Author: Iver B. Neumann
Publisher: Manchester University Press
Published: 1999
Total Pages: 308
ISBN-13: 9780719056536
DOWNLOAD EBOOKIn the wake of the Cold War, European identities are up for grabs. Identity formation is an integral and tangible aspect of contemporary European politics. Drawing on an array of approaches, the author investigates empirically how six national, regional and all-European identities involve the exclusion of the East. The focus is on how identities are being renegotiated in practice. The readings of how Europe is constituted by its discourse on Turkey and Russia respectively argue that European identity of marked by these exclusions. The exclusions are part of the preconditions for action which are undertaken in political forums where European identity is seen as relevant, such as the debates about NATO and EU enlargement. Readings of regional discourses constituting repectively Northern and Central Europe argue that the politics of these regions serve to exclude those living further East. The two readings of Bashkir and Russian discourse demonstrate how the self/other nexus may be used as a springboard for analyzing national identities. The conclusion addresses the question of how far our present theoretical approaches may take us.

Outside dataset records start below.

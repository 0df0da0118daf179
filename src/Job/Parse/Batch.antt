-- ===== src/Job/Parse/Batch.antt =====
-- job.go: what `ParseJob` makes of a command.
use pepperbus.Base.{
  ℕ, suc, ◌+◌, ◌^◌, ◌≤◌, ◌<◌, ◌≡◌, ◌≢◌, refl, ap, [], ◌∷◌, ◌++◌, List, map, none, some, length, All,
  arith, false,
}
use pepperbus.Base.Text.{Text}
use pepperbus.Base.Split.{Without, split_once-append, split_once-none}
use pepperbus.Base.Decimal.{format_uint-injective}
use pepperbus.Job.{Job, Jobs}
use pepperbus.Job.Parse.{slash, gen_id, gen_trace_id, new_jobs, ids_of, parse_job}

-- No text stands twice in the list.
abbrev pub NoRepeat : List Text → Type 0
NoRepeat [] = Unit
NoRepeat (x ∷ xs) = All (λ y. x ≢ y) xs × NoRepeat xs

module _ (gen : ℕ → ℕ) where
  contents_lem :
      (trace : Text) (contents : List Text) (n : ℕ)
      → map Job.content (new_jobs gen trace contents n) ≡ contents
  unfolding new_jobs
  contents_lem trace [] n = refl
  contents_lem trace (c ∷ cs) n = ap (◌∷◌ c) (contents_lem trace cs (suc n))

  traces_lem :
      (trace : Text) (contents : List Text) (n : ℕ)
      → All (λ job. job.in_trace_id ≡ trace) (new_jobs gen trace contents n)
  unfolding new_jobs
  traces_lem trace [] n = tt
  traces_lem trace (c ∷ cs) n = (refl, traces_lem trace cs (suc n))

module _ (gen : ℕ → ℕ) (calls : ℕ)
    (unique : (m n : ℕ) → m < calls → n < calls → gen m ≡ gen n → m ≡ n)
    (bounded : (n : ℕ) → n < calls → gen n < 2 ^ 64) where
  gen_id-injective : (m n : ℕ) → m < calls → n < calls → gen_id gen m ≡ gen_id gen n → m ≡ n
  unfolding gen_id
  gen_id-injective m n hm hn e =
      unique m n hm hn (format_uint-injective (gen m) (gen n) (bounded m hm) (bounded n hn) e)

  later_ids :
      (trace : Text) (contents : List Text) (m n : ℕ)
      → m < n
      → n + length contents ≤ calls
      → All (λ y. gen_id gen m ≢ y) (ids_of gen (new_jobs gen trace contents n))
  unfolding new_jobs
  later_ids trace [] m n h enough = tt
  later_ids trace (c ∷ cs) m n h enough = (
    λ e.
        omega (arith, h, gen_id-injective m n (omega (arith, h, enough)) (omega (arith, enough)) e),
    later_ids trace cs m (suc n) (omega (arith, h)) (omega (arith, enough)),
  )

  ids-NoRepeat :
      (trace : Text) (contents : List Text) (n : ℕ)
      → n + length contents ≤ calls
      → NoRepeat (ids_of gen (new_jobs gen trace contents n))
  unfolding new_jobs
  ids-NoRepeat trace [] n enough = tt
  ids-NoRepeat trace (c ∷ cs) n enough = (
    later_ids trace cs n (suc n) (omega arith) (omega (arith, enough)),
    ids-NoRepeat trace cs (suc n) (omega (arith, enough)),
  )

  -- Where the generator's answers to these calls are distinct uint64 numbers, and the queue's name
  -- has no '/', `ParseJob` answers a batch for that queue, with no topic and one job for each
  -- content, in their order; all carry the batch's trace id, and the ids, which are the second
  -- answer, are all different. Without a '/' in the first argument it answers the error and calls no
  -- generator.
  pub parse_job_lem :
      (service q t : Text) (contents : List Text) (n : ℕ)
      → Without slash q
      → suc n + length contents ≤ calls
      → ((jobs : Jobs) × (parse_job gen service (q ++ slash ∷ t) contents n
            ≡ (some (jobs, ids_of gen jobs.slice), suc n + length contents))
          × (jobs.queue_name ≡ q)
          × (jobs.topic_name ≡ [])
          × (map Job.content jobs.slice ≡ contents)
          × All (λ job. job.in_trace_id ≡ jobs.in_trace_id) jobs.slice
          × NoRepeat (ids_of gen jobs.slice))
        × (parse_job gen service q contents n ≡ (none, n))
  unfolding parse_job
  parse_job_lem service q t contents n h enough =
      let trace = gen_trace_id gen service n in
      (
        (
          record {
            in_trace_id = trace;
            out_trace_id = [];
            queue_name = q;
            topic_name = [];
            retrying = false;
            slice = new_jobs gen trace contents (suc n);
          },
          rw (parse_job, split_once-append slash q t h) refl,
          refl,
          refl,
          contents_lem gen trace contents (suc n),
          traces_lem gen trace contents (suc n),
          ids-NoRepeat trace contents (suc n) enough,
        ),
        rw (parse_job, split_once-none slash q h) refl,
      )
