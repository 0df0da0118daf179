-- ===== src/Mux/Consume.antt =====
-- mux.go, the worker loop: where a job goes in one round.
use pepperbus.Base.{
  ◌≡◌, ap, ◌∙◌, List, [], ◌∷◌, Bool, true, false, ◌&&◌, some, arith, if◌then◌else◌, inl, inr,
  Bool-cases,
}
use pepperbus.Base.Int.{ℤ}
use pepperbus.Base.Text.{Text, text_eq}
use pepperbus.Job.{Job, Jobs, Codec, RoundTrip}
use pepperbus.Redis.Wire.{Server}
use pepperbus.Redis.Healthy.{Healthy}
use pepperbus.Response.{WorkerResponse, Sent, response_success, response_not_found, bad_gateway}
use pepperbus.Storage.{stamp, add_queue, get_jobs_from_queue, single}
use pepperbus.Storage.Topic.{Queues, replace, append, view, view-add_queue, view-get_jobs}
use pepperbus.Storage.Key.{common_queue, retry_queue}
use pepperbus.Mux.{consume, handle, settle, send_jobs, mark_attempt, conn_refused}
use pepperbus.Mux.Types.{again, ping_again, TopicRetry, Outcome}

-- Whether the worker goes back to the pings: no subscription, or a refused connection.
abbrev pub must_ping : WorkerResponse → Bool
must_ping r =
    if text_eq r.code response_not_found then true else text_eq r.code bad_gateway && conn_refused r

settle-store :
    (codec : Codec) (server : Server) (r : WorkerResponse) (jobs : Jobs) (s : server.Store)
    → (settle codec server r jobs s).store ≡ (
        if text_eq r.code response_success
        then s
        else (add_queue codec server jobs retry_queue s).2)
unfolding settle
settle-store codec server r jobs s = ground arith

settle-next :
    (codec : Codec) (server : Server) (r : WorkerResponse) (jobs : Jobs) (s : server.Store)
    → text_eq r.code response_success ≡ false
    → (settle codec server r jobs s).next ≡ (if must_ping r then ping_again else again)
unfolding settle
settle-next codec server r jobs s h = ground arith

module _ (codec : Codec) (server : Server) (healthy : Healthy server) {IsClean : Job → Type 0}
    (trip : RoundTrip codec IsClean) where
  open server use {Store}

  module _ (q t trace : Text) (conf : TopicRetry) (now : ℤ) (send : Jobs → Sent) (s : Store)
      (job : Job) (rest : List Job)
      (oldest : (view codec server healthy q t s).common ≡ job ∷ rest) where
    abbrev before : Queues
    before = view codec server healthy q t s

    abbrev marked : Job
    marked = mark_attempt conf now job

    abbrev response : WorkerResponse
    response = send_jobs (send (single trace q t marked))

    abbrev outcome : Outcome Store
    outcome = consume codec server q t (some conf) false trace now send s

    -- A worker takes the oldest job of the common queue and sends it, marked as an attempt. If the
    -- worker answers 200 the job is gone; after any other answer, and after an error of the
    -- transport, it is the newest job of the retry queue, with one more retry counted. Nothing else
    -- in the three queues changes.
    pub consume-moves :
        IsClean (stamp true marked)
        → view codec server healthy q t outcome.store ≡ (
            if text_eq response.code response_success
            then replace common_queue rest before
            else append retry_queue (stamp true marked ∷ []) (replace common_queue rest before))
    unfolding consume
    consume-moves clean =
        let (answer, left) =
          view-get_jobs codec server healthy trace q t common_queue s job rest oldest in
        let s' = (get_jobs_from_queue codec server trace q t common_queue s).1 in
        let jobs = single trace q t marked in
        rw (answer, handle)
          (ap (view codec server healthy q t) (settle-store codec server response jobs s')
            ∙ elim (Bool-cases (text_eq response.code response_success)) [
              | inl success ↦ rw success left
              | inr failure ↦ rw failure (
                  view-add_queue codec server healthy trip jobs retry_queue s' (clean, tt)
                  ∙ ap (append retry_queue (stamp true marked ∷ [])) left)
            ])

    -- After an answer that is no success the worker goes on, or back to the pings when it was told
    -- that the topic is not registered or when the connection was refused.
    pub consume-next :
        text_eq response.code response_success ≡ false
        → outcome.next ≡ (if must_ping response then ping_again else again)
    unfolding consume
    consume-next failure =
        let (answer, left) =
          view-get_jobs codec server healthy trace q t common_queue s job rest oldest in
        rw (answer, handle) (settle-next codec server response _ _ failure)
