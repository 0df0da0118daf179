-- ===== src/Mux/Drain.antt =====
-- mux.go, the worker loop: the rounds of a worker until it stops, panics or goes back to the pings,
-- and what they make of a topic's jobs.
use pepperbus.Base.{
  ◌≡◌, refl, ap, ◌∙◌, ℕ, zero, suc, List, [], ◌∷◌, append_assoc, append-nil, true, false, some,
  if◌then◌else◌, inl, inr, Bool-cases, length, Bool, sym,
}
use pepperbus.Base.Int.{ℤ}
use pepperbus.Base.Text.{Text, text_eq}
use pepperbus.Job.{Job, Jobs, Codec, RoundTrip}
use pepperbus.Redis.Wire.{Server}
use pepperbus.Redis.Healthy.{Healthy}
use pepperbus.Response.{WorkerResponse, Sent, response_success}
use pepperbus.Storage.{stamp, single}
use pepperbus.Storage.Topic.{Queues, replace, append, view, view-get_jobs, view-get_jobs_empty}
use pepperbus.Storage.Key.{common_queue, retry_queue}
use pepperbus.Mux.{consume, handle, settle, send_jobs, mark_attempt}
use pepperbus.Mux.Consume.{must_ping, consume-moves, consume-next}
use pepperbus.Mux.Types.{
  Next, stop, idle, again, ping_again, panicked, TopicRetry, Outcome, mux_loop_interval,
}

-- Whether the loop has another round (perhaps after a sleep).
abbrev goes_on : Next → Bool
goes_on stop = false
goes_on (idle n) = true
goes_on again = true
goes_on ping_again = false
goes_on panicked = false

module _ (codec : Codec) (server : Server) (q t : Text) (conf : TopicRetry) (trace : ℕ → Text)
    (now : ℕ → ℤ) (send : ℕ → Jobs → Sent) where
  open server use {Store}

  -- At most `n` rounds of the loop, the first of which is round i. The trace id, the time and the
  -- worker of a round depend on its number.
  unfoldable pub worker_loop : ℕ → ℕ → Store → Next × Store
  worker_loop zero i s = (again, s)
  worker_loop (suc n) i s =
      let o = consume codec server q t (some conf) false (trace i) (now i) (send i) s in
      let more = worker_loop n (suc i) o.store in if goes_on o.next then more else (o.next, o.store)

-- What becomes of jobs that are taken in rounds i, i + 1 and so on.
module _ (q t : Text) (conf : TopicRetry) (trace : ℕ → Text) (now : ℕ → ℤ)
    (send : ℕ → Jobs → Sent) where
  abbrev pub marked : ℕ → Job → Job
  marked i job = mark_attempt conf (now i) job

  abbrev pub answer_to : ℕ → Job → WorkerResponse
  answer_to i job = send_jobs (send i (single (trace i) q t (marked i job)))

  -- The jobs that the worker did not answer with 200, as they were added to the retry queue.
  unfoldable pub failures : ℕ → List Job → List Job
  failures i [] = []
  failures i (job ∷ jobs) =
      let rest = failures (suc i) jobs in
      if text_eq (answer_to i job).code response_success
      then rest
      else stamp true (marked i job) ∷ rest

  -- No answer sends the worker back to the pings, and every job can be printed.
  abbrev pub Served : (Job → Type 0) → ℕ → List Job → Type 0
  Served IsClean i [] = Unit
  Served IsClean i (job ∷ jobs) =
      IsClean (stamp true (marked i job))
      × (text_eq (answer_to i job).code response_success ≡ false
          → must_ping (answer_to i job) ≡ false)
      × Served IsClean (suc i) jobs

settle_success :
    (codec : Codec) (server : Server) (r : WorkerResponse) (jobs : Jobs) (s : server.Store)
    → text_eq r.code response_success ≡ true
    → (settle codec server r jobs s).next ≡ again
unfolding settle
settle_success codec server r jobs s h = rw h refl

-- What is appended to a retry queue one by one is appended as a whole.
append_first :
    (ok : Bool) (first : Job) (rest : List Job) (before : Queues)
    → append retry_queue rest (
        if ok
        then replace common_queue [] before
        else append retry_queue (first ∷ []) (replace common_queue [] before))
      ≡ append retry_queue (if ok then rest else first ∷ rest) (replace common_queue [] before)
append_first true first rest before = refl
append_first false first rest before =
    ap (λ xs. replace retry_queue xs (replace common_queue [] before))
      (append_assoc before.retry (first ∷ []) rest)

append_nothing :
    (before : Queues)
    → before.common ≡ []
    → before ≡ append retry_queue [] (replace common_queue [] before)
append_nothing before e =
    λ i. record { common = e i; retry = sym (append-nil before.retry) i; timeout = before.timeout }

-- The first of several jobs.
first_empty :
    (ok : Bool) (first : Job) (rest : List Job) (before : Queues)
    → replace common_queue [] (
        if ok
        then replace common_queue rest before
        else append retry_queue (first ∷ []) (replace common_queue rest before))
      ≡ (if ok
          then replace common_queue [] before
          else append retry_queue (first ∷ []) (replace common_queue [] before))
first_empty true first rest before = refl
first_empty false first rest before = refl

common_left :
    (ok : Bool) (first : Job) (rest : List Job) (before : Queues)
    → (if ok
        then replace common_queue rest before
        else append retry_queue (first ∷ []) (replace common_queue rest before)).common
      ≡ rest
common_left true first rest before = refl
common_left false first rest before = refl

module _ (codec : Codec) (server : Server) (healthy : Healthy server) {IsClean : Job → Type 0}
    (trip : RoundTrip codec IsClean) (q t : Text) (conf : TopicRetry) (trace : ℕ → Text)
    (now : ℕ → ℤ) (send : ℕ → Jobs → Sent) where
  open server use {Store}

  abbrev round : ℕ → Store → Outcome Store
  round i s = consume codec server q t (some conf) false (trace i) (now i) (send i) s

  abbrev queues : Store → Queues
  queues s = view codec server healthy q t s

  abbrev answer : ℕ → Job → WorkerResponse
  answer i job = answer_to q t conf trace now send i job

  -- A round that has a job goes on.
  round-again :
      (i : ℕ) (s : Store) (job : Job) (rest : List Job)
      → (queues s).common ≡ job ∷ rest
      → (text_eq (answer i job).code response_success ≡ false → must_ping (answer i job) ≡ false)
      → (round i s).next ≡ again
  unfolding consume
  round-again i s job rest oldest stays =
      let (taken, left) =
        view-get_jobs codec server healthy (trace i) q t common_queue s job rest oldest in
      elim (Bool-cases (text_eq (answer i job).code response_success)) [
        | inl success ↦ rw (taken, handle) (settle_success codec server (answer i job) _ _ success)
        | inr failure ↦
            consume-next codec server healthy trip q t (trace i) conf (now i) (send i) s job rest
              oldest failure
            ∙ rw (stays failure) refl
      ]

  -- An empty topic: the loop sleeps, and the queues stay.
  round-idle :
      (i : ℕ) (s : Store) → (queues s).common ≡ [] → (round i s).next ≡ idle mux_loop_interval
  unfolding consume
  round-idle i s empty =
      let (nothing, left) =
        view-get_jobs_empty codec server healthy (trace i) q t common_queue s empty in
      rw (nothing, handle) refl

  worker_loop-suc :
      (n i : ℕ) (s : Store)
      → (round i s).next ≡ again
      → worker_loop codec server q t conf trace now send (suc n) i s
        ≡ worker_loop codec server q t conf trace now send n (suc i) (round i s).store
  unfolding worker_loop
  worker_loop-suc n i s h = rw h refl

  -- With n jobs in the common queue the first n rounds of the worker's loop go through all of them
  -- (unless an answer sends it back to the pings): the common queue is empty, the jobs that were
  -- not answered with 200 are in the retry queue, in their order and behind those that were there,
  -- the timeout queue is as it was, and the worker waits in its next round.
  pub worker_loop-drains :
      (jobs : List Job) (i : ℕ) (s : Store)
      → (queues s).common ≡ jobs
      → Served q t conf trace now send IsClean i jobs
      → let (next, s') = worker_loop codec server q t conf trace now send (length jobs) i s in
        (next ≡ again)
        × (queues s'
            ≡ append retry_queue
                (failures q t conf trace now send i jobs)
                (replace common_queue [] (queues s)))
        × ((k : ℕ) → (round k s').next ≡ idle mux_loop_interval)
  unfolding failures worker_loop
  worker_loop-drains [] i s e h = (refl, append_nothing (queues s) e, λ k. round-idle k s e)
  worker_loop-drains (job ∷ jobs) i s e (clean, stays, h) =
      let s' = (round i s).store in
      let first = stamp true (marked q t conf trace now send i job) in
      let ok = text_eq (answer i job).code response_success in
      let moved : queues s' ≡ (
          if ok
          then replace common_queue jobs (queues s)
          else append retry_queue (first ∷ []) (replace common_queue jobs (queues s))) =
        consume-moves codec server healthy trip q t (trace i) conf (now i) (send i) s job jobs e
          clean in
      let (more, drained, waits) =
        worker_loop-drains jobs (suc i) s'
          (ap (λ v. v.common) moved ∙ common_left ok first jobs (queues s)) h in
      let step = worker_loop-suc (length jobs) i s (round-again i s job jobs e stays) in
      let remaining = failures q t conf trace now send (suc i) jobs in
      rw step (
        more,
        drained
            ∙ (ap (append retry_queue remaining)
                  (ap (replace common_queue []) moved ∙ first_empty ok first jobs (queues s))
                ∙ append_first ok first remaining (queues s)),
        waits,
      )
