-- ===== src/Mux/Retry.antt =====
-- mux.go, the retry loop: where a job of the retry queue goes in one round.
use pepperbus.Base.{
  ◌≡◌, ap, ◌∙◌, List, [], ◌∷◌, Bool, true, false, ◌&&◌, ◌||◌, if◌then◌else◌, inl, inr, Bool-cases,
}
use pepperbus.Base.Int.{ℤ, pos, ltb_ℤ}
use pepperbus.Base.Text.{Text}
use pepperbus.Job.{Job, Codec, RoundTrip}
use pepperbus.Redis.Wire.{Server}
use pepperbus.Redis.Healthy.{Healthy}
use pepperbus.Storage.{stamp, get_jobs_from_queue, single}
use pepperbus.Storage.Topic.{Queues, replace, append, view, view-add_queue, view-get_jobs}
use pepperbus.Storage.Key.{QueueTyp, is_retry_queue, common_queue, retry_queue, timeout_queue}
use pepperbus.Mux.{begin, with_time, wait_of, is_due, spend, handle_retry, retry_round}

module _ (codec : Codec) (server : Server) (healthy : Healthy server) {IsClean : Job → Type 0}
    (trip : RoundTrip codec IsClean) where
  open server use {Store}

  module _ (q t trace : Text) (now : ℤ) (s : Store) (job : Job) (rest : List Job)
      (oldest : (view codec server healthy q t s).retry ≡ job ∷ rest) where
    abbrev before : Queues
    before = view codec server healthy q t s

    -- The job with its retry begun, and with the time of the first check where it had none.
    abbrev tried : Job
    tried = with_time now (begin job)

    abbrev may_retry : Bool
    may_retry = job.is_retry && ltb_ℤ (pos 0) job.retry_residue_time

    -- The retry loop takes the oldest job of the retry queue. If the job may be retried and has
    -- retry time left, it goes to the common queue once it is due, the wait taken off its retry
    -- time, and otherwise back to the end of the retry queue. A job that may not be retried, or has
    -- used its time up, goes to the timeout queue. Nothing else in the three queues changes.
    pub retry_round-moves :
        IsClean (spend (wait_of (begin job)) tried)
        → IsClean (stamp true tried)
        → IsClean (begin job)
        → view codec server healthy q t (retry_round codec server q t false trace now s).1 ≡ (
            let taken = replace retry_queue rest before in
            if may_retry
            then (if is_due now tried
                then append common_queue (spend (wait_of (begin job)) tried ∷ []) taken
                else append retry_queue (stamp true tried ∷ []) taken)
            else append timeout_queue (begin job ∷ []) taken)
    unfolding retry_round
    retry_round-moves due_clean later_clean over_clean =
        let (answer, left) =
          view-get_jobs codec server healthy trace q t retry_queue s job rest oldest in
        let s' = (get_jobs_from_queue codec server trace q t retry_queue s).1 in
        let add =
          λ (typ : QueueTyp) (moved : Job)
              (clean : IsClean (stamp (is_retry_queue typ || false) moved)).
            view-add_queue codec server healthy trip (single trace q t moved) typ s' (clean, tt)
            ∙ ap (append typ (stamp (is_retry_queue typ || false) moved ∷ [])) left in
        rw (answer, handle_retry)
          (elim (Bool-cases may_retry) [
            | inl more ↦ elim (Bool-cases (is_due now tried)) [
              | inl due ↦ rw (more, due) (add common_queue _ due_clean)
              | inr early ↦ rw (more, early) (add retry_queue _ later_clean)
            ]
            | inr over ↦ rw over (add timeout_queue _ over_clean)
          ])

Author: Lars-Erik Cederman
Publisher: Lynne Rienner Publishers
Published: 2001
Total Pages: 288
ISBN-13: 9781555878726
DOWNLOAD EBOOKThe authors assess not only the benefits, but also the costs of attempts to assert a European identity. Referring to debates about the respective merits of deepening and widening, they address the equally important associated tradeoffs between exclusion and dilution: they point to the risks on the one hand of a Europe that excludes foreign goods, immigrants and entire countries, and on the other of an unfocused definition of Europe that may dilute the very values that a "European identity" is intended to protect.